Documentation ¶
Overview ¶
Package summarize implements utilities for computing readability scores, usage statistics, and TL;DR summaries of text.
Index ¶
- func Syllables(word string) int
- type Assessment
- type Document
- func (d *Document) Assess() *Assessment
- func (d *Document) AutomatedReadability() float64
- func (d *Document) ColemanLiau() float64
- func (d *Document) DaleChall() float64
- func (d *Document) FleschKincaid() float64
- func (d *Document) FleschReadingEase() float64
- func (d *Document) GunningFog() float64
- func (d *Document) Initialize()
- func (d *Document) Keywords() map[string]int
- func (d *Document) MeanWordLength() float64
- func (d *Document) SMOG() float64
- func (d *Document) Summary(n int) []RankedParagraph
- func (d *Document) WordDensity() map[string]float64
- type RankedParagraph
- type Sentence
- type Word
Constants ¶
This section is empty.
Variables ¶
This section is empty.
Functions ¶
Types ¶
type Assessment ¶
type Assessment struct { // assessments returning an estimated grade level AutomatedReadability float64 ColemanLiau float64 FleschKincaid float64 GunningFog float64 SMOG float64 // mean & standard deviation of the above estimated grade levels MeanGradeLevel float64 StdDevGradeLevel float64 // assessments returning non-grade numerical scores DaleChall float64 ReadingEase float64 }
An Assessment provides comprehensive access to a Document's metrics.
type Document ¶
type Document struct { Content string // Actual text NumCharacters float64 // Number of Characters NumComplexWords float64 // PolysylWords without common suffixes NumParagraphs float64 // Number of paragraphs NumPolysylWords float64 // Number of words with > 2 syllables NumSentences float64 // Number of sentences NumSyllables float64 // Number of syllables NumWords float64 // Number of words Sentences []Sentence // the Document's sentences WordFrequency map[string]int // [word]frequency SentenceTokenizer tokenize.ProseTokenizer WordTokenizer tokenize.ProseTokenizer }
A Document represents a collection of text to be analyzed.
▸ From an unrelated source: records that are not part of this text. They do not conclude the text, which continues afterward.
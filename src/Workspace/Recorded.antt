-- ===== src/Workspace/Recorded.antt =====
-- internal/candidateworkspace/run.go: what a run leaves behind.
use ta_platform.Prelude.Results.{Result, ok, err, err_not_ok, ok_eq}
use ta_platform.Prelude.{
  append_assoc, ◌++◌, ℕ, ◌+◌, ◌≡◌, refl, sym, ◌∙◌, ap, Bool, true, false, Option, none, some, List,
  [], ◌∷◌, ==_refl, arith, inl, inr, Bool-cases,
}
use mathlib.Core.Path.{subst}
use ta_platform.EventStore.{Message, Db, StoreError, Session}
use ta_platform.EventStore.Written.{Adds, record_events-Adds, record_events-built}
use ta_platform.EventStore.Trace.{last_number}
use ta_platform.EventStore.Numbering.{record_events-last_number}
use ta_platform.Workspace.{
  Execution, run_result, run_completed, no_interview, invalid_run, run_in_progress, lock_failed,
  one_message, snapshot_failed, Runs, RunWorld, is_held, release, record_one, run_recorded,
  run_requested, run_locked, run_bound, run_session, requested,
}

release-first : (id : ℕ) (ls : List ℕ) → release id (id ∷ ls) ≡ ls
unfolding release
release-first id ls = rw (==_refl id) refl

run_bound-locks :
    (w : RunWorld) (s : Session) (rs : Runs) (i : Option ℕ)
    → w.release_fails ≡ false
    → ((run_bound w s rs i).0.locks ≡ rs.locks)
      × (is_held s.id rs.locks ≡ true → (run_bound w s rs i).0 ≡ rs)
run_bound-locks w s rs none h = (refl, λ held. refl)
run_bound-locks w s rs (some i) h = elim (Bool-cases w.is_valid) [
  | inr wrong ↦ rw wrong (refl, λ held. refl)
  | inl right ↦ elim (Bool-cases w.lock_error) [
    | inl broken ↦ rw (right, broken) (refl, λ held. refl)
    | inr working ↦ elim (Bool-cases (is_held s.id rs.locks)) [
      | inl taken ↦ rw (right, working, taken) (refl, λ held. refl)
      | inr free ↦
          rw (right, working, free, h)
            (release-first s.id rs.locks, λ held. absurd (false_true held))
    ]
  ]
]
  where
    false_true : false ≡ true → ⊥
    false_true h = cc

-- Run gives the lock back on every path, those of its errors included, unless the release fails:
-- the locks after it are those before it. A run of a session that has one in progress changes
-- nothing.
pub run_session-locks :
    (w : RunWorld) (s : Session) (rs : Runs)
    → w.release_fails ≡ false
    → ((run_session w s rs).0.locks ≡ rs.locks)
      × (is_held s.id rs.locks ≡ true → (run_session w s rs).0 ≡ rs)
unfolding run_session
run_session-locks w s rs h = run_bound-locks w s rs s.interview_id h

-- A run gave its interview the next two numbers, and added at the end of the outbox the messages that were
-- built of execution.requested with the first and of execution.completed with the second.
abbrev pub IsRecorded : RunWorld → Session → ℕ → Db → Db → Type 0
IsRecorded w s i db after =
    let last = last_number s.company_id i db.interviews in
    (last_number s.company_id i after.interviews ≡ last + 2)
    × ((first : Message) × (second : Message) × (w.message requested (last + 1) ≡ some first)
        × (w.message (run_completed w.executed) (last + 2) ≡ some second)
        × (after.outbox
            ≡ db.outbox
              ++ (record { id = db.next_id; message = first }
                  ∷ record { id = db.next_id + 1; message = second }
                  ∷ [])))

-- One event was recorded.
abbrev IsOne : Session → ℕ → (ℕ → Option Message) → Db → Db → Type 0
IsOne s i build db after =
    let last = last_number s.company_id i db.interviews in
    (last_number s.company_id i after.interviews ≡ last + 1)
    × ((m : Message) × (build (last + 1) ≡ some m) × Adds m db after)

record_one-IsOne :
    (s : Session) (i n : ℕ) (fault : Bool) (build : ℕ → Option Message) (db : Db)
    → (record_one s i fault build db).1 ≡ ok n
    → IsOne s i build db (record_one s i fault build db).0
record_one-IsOne s i n fault build db h =
    let many : ℕ → Option (List Message) = λ k. one_message (build k) in
    let next = record_events-last_number s.company_id i n fault many db h in
    let (ms, built) = record_events-built s.company_id i n fault many db h in
    let (m, single, made) = of_one (build n) ms built in
    (
      next.1,
      (
        m,
        ap build (sym next.0) ∙ made,
        record_events-Adds s.company_id i n fault many db m (ap one_message made) h,
      ),
    )
  where
    of_one :
        (o : Option Message) (ms : List Message)
        → one_message o ≡ some ms
        → (m : Message) × (ms ≡ m ∷ []) × (o ≡ some m)
    of_one none ms q = cc
    of_one (some m) ms q = (m, ground arith, refl)

both-IsRecorded :
    (w : RunWorld) (s : Session) (i : ℕ) (db mid after : Db)
    → IsOne s i (w.message requested) db mid
    → IsOne s i (w.message (run_completed w.executed)) mid after
    → IsRecorded w s i db after
both-IsRecorded w s i db mid after (l, (m, p, a)) (k, (r, q, b)) =
    let last : ℕ = last_number s.company_id i db.interviews in
    let two : last_number s.company_id i mid.interviews + 1 ≡ last + 2 = omega arith in
    (
      omega arith,
      (
        m,
        r,
        p,
        rw two at q,
        b.0
            ∙ rw (a.0, a.1)
                (append_assoc db.outbox (record { id = db.next_id; message = m } ∷ [])
                  (record { id = db.next_id + 1; message = r } ∷ [])),
      ),
    )

run_recorded-ok :
    (x y : Execution) (r : Db × Result StoreError ℕ)
    → (run_recorded x r).1 ≡ ok y
    → (n : ℕ) × (r.1 ≡ ok n) × (y ≡ x) × ((run_recorded x r).0 ≡ r.0)
run_recorded-ok x y (db, err e) h = absurd (err_not_ok _ y h)
run_recorded-ok x y (db, ok n) h = (n, refl, sym (ok_eq x y h), refl)

run_requested-ok :
    (w : RunWorld) (s : Session) (i : ℕ) (r : Db × Result StoreError ℕ) (x : Execution)
    → (run_requested w s i r).1 ≡ ok x
    → (n : ℕ) × (r.1 ≡ ok n)
      × (x ≡ run_result w.executed)
      × IsOne s i (w.message (run_completed w.executed)) r.0 (run_requested w s i r).0
run_requested-ok w s i (db, err e) x h = absurd (err_not_ok _ x h)
run_requested-ok w s i (db, ok n) x h =
    let build : ℕ → Option Message = w.message (run_completed w.executed) in
    let second = record_one s i w.completed_fault build db in
    let (m, recorded, same, kept) = run_recorded-ok (run_result w.executed) x second h in
    (
      n,
      refl,
      same,
      subst (IsOne s i build db) (sym kept)
          (record_one-IsOne s i m w.completed_fault build db recorded),
    )

run_locked-ok :
    (w : RunWorld) (s : Session) (i : ℕ) (db : Db) (x : Execution)
    → (run_locked w s i db).1 ≡ ok x
    → (x ≡ run_result w.executed) × IsRecorded w s i db (run_locked w s i db).0
run_locked-ok w s i db x h = elim (Bool-cases w.put_fails) [
  | inl lost ↦ absurd (err_not_ok snapshot_failed x (rw lost at h))
  | inr stored ↦
      let first = record_one s i w.requested_fault (w.message requested) db in
      let (n, recorded, same, last) = run_requested-ok w s i first x (rw stored at h) in
      let next = record_one-IsOne s i n w.requested_fault (w.message requested) db recorded in
      rw stored (same, both-IsRecorded w s i db (first.0) (run_requested w s i first).0 next last)
]

run_bound-ok :
    (w : RunWorld) (s : Session) (rs : Runs) (b : Option ℕ) (x : Execution)
    → (run_bound w s rs b).1 ≡ ok x
    → (i : ℕ) × (b ≡ some i)
      × (is_held s.id rs.locks ≡ false)
      × (x ≡ run_result w.executed)
      × IsRecorded w s i rs.db (run_bound w s rs b).0.db
run_bound-ok w s rs none x h = absurd (err_not_ok no_interview x h)
run_bound-ok w s rs (some i) x h = elim (Bool-cases w.is_valid) [
  | inr wrong ↦ absurd (err_not_ok invalid_run x (rw wrong at h))
  | inl right ↦ elim (Bool-cases w.lock_error) [
    | inl broken ↦ absurd (err_not_ok lock_failed x (rw (right, broken) at h))
    | inr working ↦ elim (Bool-cases (is_held s.id rs.locks)) [
      | inl taken ↦ absurd (err_not_ok run_in_progress x (rw (right, working, taken) at h))
      | inr free ↦
          let (same, last) = run_locked-ok w s i rs.db x (rw (right, working, free) at h) in
          rw (right, working, free) (i, refl, refl, same, last)
    ]
  ]
]

-- A run that returns a result took a free lock, and its result is what the sandbox returned or the report of
-- its failure. It gave its interview the next two numbers, and the outbox has two more messages at its end:
-- the one of execution.requested with the first number and the one of execution.completed with the second.
pub run_session-events :
    (w : RunWorld) (s : Session) (rs : Runs) (x : Execution)
    → (run_session w s rs).1 ≡ ok x
    → (i : ℕ) × (s.interview_id ≡ some i)
      × (is_held s.id rs.locks ≡ false)
      × (x ≡ run_result w.executed)
      × IsRecorded w s i rs.db (run_session w s rs).0.db
unfolding run_session
run_session-events w s rs x h = run_bound-ok w s rs s.interview_id x h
A Document's calculations depend on its word and sentence tokenizers. You can use the defaults by invoking NewDocument, choose another implemention from the tokenize package, or use your own (as long as it implements the ProseTokenizer interface). For example,
d := Document{Content: ..., WordTokenizer: ..., SentenceTokenizer: ...} d.Initialize()
func NewDocument ¶
NewDocument is a Document constructor that takes a string as an argument. It then calculates the data necessary for computing readability and usage statistics.
This is a convenience wrapper around the Document initialization process that defaults to using a WordBoundaryTokenizer and a PunktSentenceTokenizer as its word and sentence tokenizers, respectively.
func (*Document) Assess ¶
func (d *Document) Assess() *Assessment
Assess returns an Assessment for the Document d.
func (*Document) AutomatedReadability ¶
AutomatedReadability computes the automated readability index score (https://en.wikipedia.org/wiki/Automated_readability_index).
func (*Document) ColemanLiau ¶
ColemanLiau computes the Coleman–Liau index score (https://en.wikipedia.org/wiki/Coleman%E2%80%93Liau_index).
func (*Document) DaleChall ¶
DaleChall computes the Dale–Chall score (https://en.wikipedia.org/wiki/Dale%E2%80%93Chall_readability_formula).
func (*Document) FleschKincaid ¶
FleschKincaid computes the Flesch–Kincaid grade level (https://en.wikipedia.org/wiki/Flesch%E2%80%93Kincaid_readability_tests).
func (*Document) FleschReadingEase ¶
FleschReadingEase computes the Flesch reading-ease score (https://en.wikipedia.org/wiki/Flesch%E2%80%93Kincaid_readability_tests).
func (*Document) GunningFog ¶
GunningFog computes the Gunning Fog index score (https://en.wikipedia.org/wiki/Gunning_fog_index).
func (*Document) Initialize ¶
func (d *Document) Initialize()
Initialize calculates the data necessary for computing readability and usage statistics.
func (*Document) Keywords ¶
Keywords returns a Document's words in the form
map[word]count
omitting stop words and normalizing case.
func (*Document) MeanWordLength ¶
MeanWordLength returns the mean number of characters per word.
func (*Document) SMOG ¶
SMOG computes the SMOG grade (https://en.wikipedia.org/wiki/SMOG).
func (*Document) Summary ¶
func (d *Document) Summary(n int) []RankedParagraph
Summary returns a Document's n highest ranked paragraphs according to keyword frequency.
func (*Document) WordDensity ¶
WordDensity returns a map of each word and its density.
type RankedParagraph ¶
type RankedParagraph struct { Sentences []Sentence Position int // the zero-based position within a Document Rank int }
A RankedParagraph is a paragraph ranked by its number of keywords.